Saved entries
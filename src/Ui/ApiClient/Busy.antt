-- ===== src/Ui/ApiClient/Busy.antt =====
-- The count of pending requests and the flag `busy`, in any run of calls and replies.
use forge_sight.Prelude.{
  ◌≡◌, ◌≤◌, refl, ℕ, zero, suc, ◌+◌, ◌-◌, true, false, List, [], ◌∷◌, ◌++◌, append_assoc,
  append-nil, map, is_empty, arith,
}
use forge_sight.Ui.ApiClient.{
  Json, ApiClient, NetworkReply, HttpRequest, Waiting, latest_readings, all_alarms, all_devices,
  history, all_rules, rule_mutation, alarm_ack, ApiSignal, bootstrap_finished, ApiCall,
  fetch_latest_readings, fetch_alarms, fetch_devices, fetch_rules, bootstrap, fetch_history,
  create_rule, update_rule, delete_rule, acknowledge_alarm, set_busy, begin_pending, end_pending,
}
use forge_sight.Ui.ApiClient.Replies.{finish_get, finish}
use forge_sight.Ui.ApiClient.Requests.{get_json, start}

-- A call, or the reply of the request at a place in the list of those in flight.
pub data ApiEvent (D : Type 0) : Type 0 where
  calls : ApiCall D → ApiEvent D
  finishes : ℕ → NetworkReply → ApiEvent D

-- Requests of `get_json`, `post_json` and `handle_rule_mutation` are counted.
abbrev counted : Waiting → ℕ
counted history = 0
counted all_rules = 0
counted _ = 1

unfoldable pub count_waiting : List Waiting → ℕ
count_waiting [] = 0
count_waiting (w ∷ waiting) = counted w + count_waiting waiting

count_waiting_append :
    (a b : List Waiting) → count_waiting (a ++ b) ≡ count_waiting a + count_waiting b
unfolding count_waiting
count_waiting_append [] b = omega arith
count_waiting_append (w ∷ a) b = omega (arith, count_waiting_append a b)

count_waiting_empty : (waiting : List Waiting) → is_empty waiting ≡ true → count_waiting waiting ≡ 0
unfolding count_waiting
count_waiting_empty [] h = refl
count_waiting_empty (w ∷ waiting) h = ground arith

abbrev waiting_of : List (Waiting × HttpRequest) → List Waiting
waiting_of requests = map (λ r. r.0) requests

-- The client with the requests in flight.
pub record Traffic : Type 0 where
  pub client : ApiClient
  pub waiting : List Waiting

-- `pending` is the number of counted requests in flight, and with none in flight the client is not
-- busy.
pub record IsSettled (t : Traffic) : Type 0 where
  pub pending_counts : t.client.pending ≡ count_waiting t.waiting
  pub idle : is_empty t.waiting ≡ true → t.client.busy ≡ false

module _ {D : Type 0} (J : Json D) where
  -- The request at a place leaves the list; with none there, nothing happens.
  finish_at : ℕ → NetworkReply → ApiClient → List Waiting → List Waiting → Traffic
  finish_at n r c left [] = record { client = c; waiting = left }
  finish_at zero r c left (w ∷ waiting) = record {
    client = (finish J w r c).0;
    waiting = left ++ waiting;
  }
  finish_at (suc n) r c left (w ∷ waiting) = finish_at n r c (left ++ (w ∷ [])) waiting

  pub api_step : ApiEvent D → Traffic → Traffic
  unfolding finish_at
  api_step (calls e) t =
      let s = start J e t.client in record { client = s.0.0; waiting = t.waiting ++ waiting_of s.1 }
  api_step (finishes n r) t = finish_at n r t.client [] t.waiting

  pub api_run : List (ApiEvent D) → Traffic → Traffic
  api_run [] t = t
  api_run (e ∷ events) t = api_run events (api_step e t)

  end_pending_lem :
      (drained : List (ApiSignal D)) (c : ApiClient)
      → ((end_pending drained c).0.pending ≡ c.pending - 1)
        × (c.pending ≤ 1 → (end_pending drained c).0.busy ≡ false)
  unfolding end_pending set_busy
  end_pending_lem drained c = ground arith

  pub finish_lem :
      (w : Waiting) (r : NetworkReply) (c : ApiClient)
      → ((finish J w r c).0.pending ≡ c.pending - counted w)
        × (c.pending ≤ counted w → (finish J w r c).0.busy ≡ false)
  unfolding finish finish_get set_busy
  finish_lem latest_readings r c = end_pending_lem (bootstrap_finished ∷ []) c
  finish_lem all_alarms r c = end_pending_lem (bootstrap_finished ∷ []) c
  finish_lem all_devices r c = end_pending_lem (bootstrap_finished ∷ []) c
  finish_lem history r c = ground arith
  finish_lem all_rules r c = ground arith
  finish_lem rule_mutation r c = end_pending_lem [] c
  finish_lem (alarm_ack id) r c = end_pending_lem [] c

  pub start_lem :
      (e : ApiCall D) (c : ApiClient)
      → let s = start J e c in
        (s.0.0.pending ≡ c.pending + count_waiting (waiting_of s.1)) × (is_empty s.1 ≡ false)
  unfolding start get_json begin_pending set_busy count_waiting
  start_lem fetch_latest_readings c = ground arith
  start_lem fetch_alarms c = ground arith
  start_lem fetch_devices c = ground arith
  start_lem fetch_rules c = ground arith
  start_lem bootstrap c = ground arith
  start_lem (fetch_history dev sen since) c = ground arith
  start_lem (create_rule f) c = ground arith
  start_lem (update_rule id f) c = ground arith
  start_lem (delete_rule id) c = ground arith
  start_lem (acknowledge_alarm id) c = ground arith

  is_empty-append_cons :
      (a : List Waiting) (requests : List (Waiting × HttpRequest))
      → is_empty requests ≡ false
      → is_empty (a ++ waiting_of requests) ≡ false
  is_empty-append_cons [] [] h = h
  is_empty-append_cons [] (r ∷ requests) h = refl
  is_empty-append_cons (w ∷ a) requests h = refl

  finish_at-IsSettled :
      (n : ℕ) (r : NetworkReply) (c : ApiClient) (left waiting : List Waiting)
      → IsSettled (record { client = c; waiting = left ++ waiting })
      → IsSettled (finish_at n r c left waiting)
  unfolding finish_at
  finish_at-IsSettled n r c left [] h = rw (append-nil left) at h
  finish_at-IsSettled zero r c left (w ∷ waiting) h =
      let whole = count_waiting_append left (w ∷ waiting) in
      let apart = count_waiting_append left waiting in
      let head : count_waiting (w ∷ waiting) ≡ counted w + count_waiting waiting =
        unfold count_waiting in refl in
      let done = finish_lem w r c in
      let counts = h.pending_counts in
      record {
        pending_counts = omega (arith, done.0);
        idle = λ e. let none_left = count_waiting_empty (left ++ waiting) e in done.1 (omega arith);
      }
  finish_at-IsSettled (suc n) r c left (w ∷ waiting) h =
      finish_at-IsSettled n r c (left ++ (w ∷ [])) waiting
        (rw (append_assoc left (w ∷ []) waiting) h)

  api_step-IsSettled : (e : ApiEvent D) (t : Traffic) → IsSettled t → IsSettled (api_step e t)
  unfolding api_step
  api_step-IsSettled (calls e) t h =
      let begun = start_lem e t.client in
      let more = count_waiting_append t.waiting (waiting_of (start J e t.client).1) in
      let counts = h.pending_counts in
      let waits = is_empty-append_cons t.waiting (start J e t.client).1 begun.1 in
      record { pending_counts = omega (arith, begun.0); idle = λ e. ground arith }
  api_step-IsSettled (finishes n r) t h = finish_at-IsSettled n r t.client [] t.waiting h

  -- From a client without requests in flight, and after any calls and replies in any order, the count
  -- of pending requests is that of the counted requests in flight, and whenever nothing is in flight
  -- the client is not busy.
  pub api_run-IsSettled :
      (events : List (ApiEvent D)) (t : Traffic) → IsSettled t → IsSettled (api_run events t)
  unfolding api_run
  api_run-IsSettled [] t h = h
  api_run-IsSettled (e ∷ events) t h =
      api_run-IsSettled events (api_step e t) (api_step-IsSettled e t h)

** ABOUT THIS EXERCISE **
From the line holding "c.pending - 1)" to the line holding "start_lem fetch_alarms c = ground arith", inclusive, restate each line above exactly as written.

** EXERCISE RESPONSE **
      → ((end_pending drained c).0.pending ≡ c.pending - 1)
        × (c.pending ≤ 1 → (end_pending drained c).0.busy ≡ false)
  unfolding end_pending set_busy
  end_pending_lem drained c = ground arith

  pub finish_lem :
      (w : Waiting) (r : NetworkReply) (c : ApiClient)
      → ((finish J w r c).0.pending ≡ c.pending - counted w)
        × (c.pending ≤ counted w → (finish J w r c).0.busy ≡ false)
  unfolding finish finish_get set_busy
  finish_lem latest_readings r c = end_pending_lem (bootstrap_finished ∷ []) c
  finish_lem all_alarms r c = end_pending_lem (bootstrap_finished ∷ []) c
  finish_lem all_devices r c = end_pending_lem (bootstrap_finished ∷ []) c
  finish_lem history r c = ground arith
  finish_lem all_rules r c = ground arith
  finish_lem rule_mutation r c = end_pending_lem [] c
  finish_lem (alarm_ack id) r c = end_pending_lem [] c

  pub start_lem :
      (e : ApiCall D) (c : ApiClient)
      → let s = start J e c in
        (s.0.0.pending ≡ c.pending + count_waiting (waiting_of s.1)) × (is_empty s.1 ≡ false)
  unfolding start get_json begin_pending set_busy count_waiting
  start_lem fetch_latest_readings c = ground arith
  start_lem fetch_alarms c = ground arith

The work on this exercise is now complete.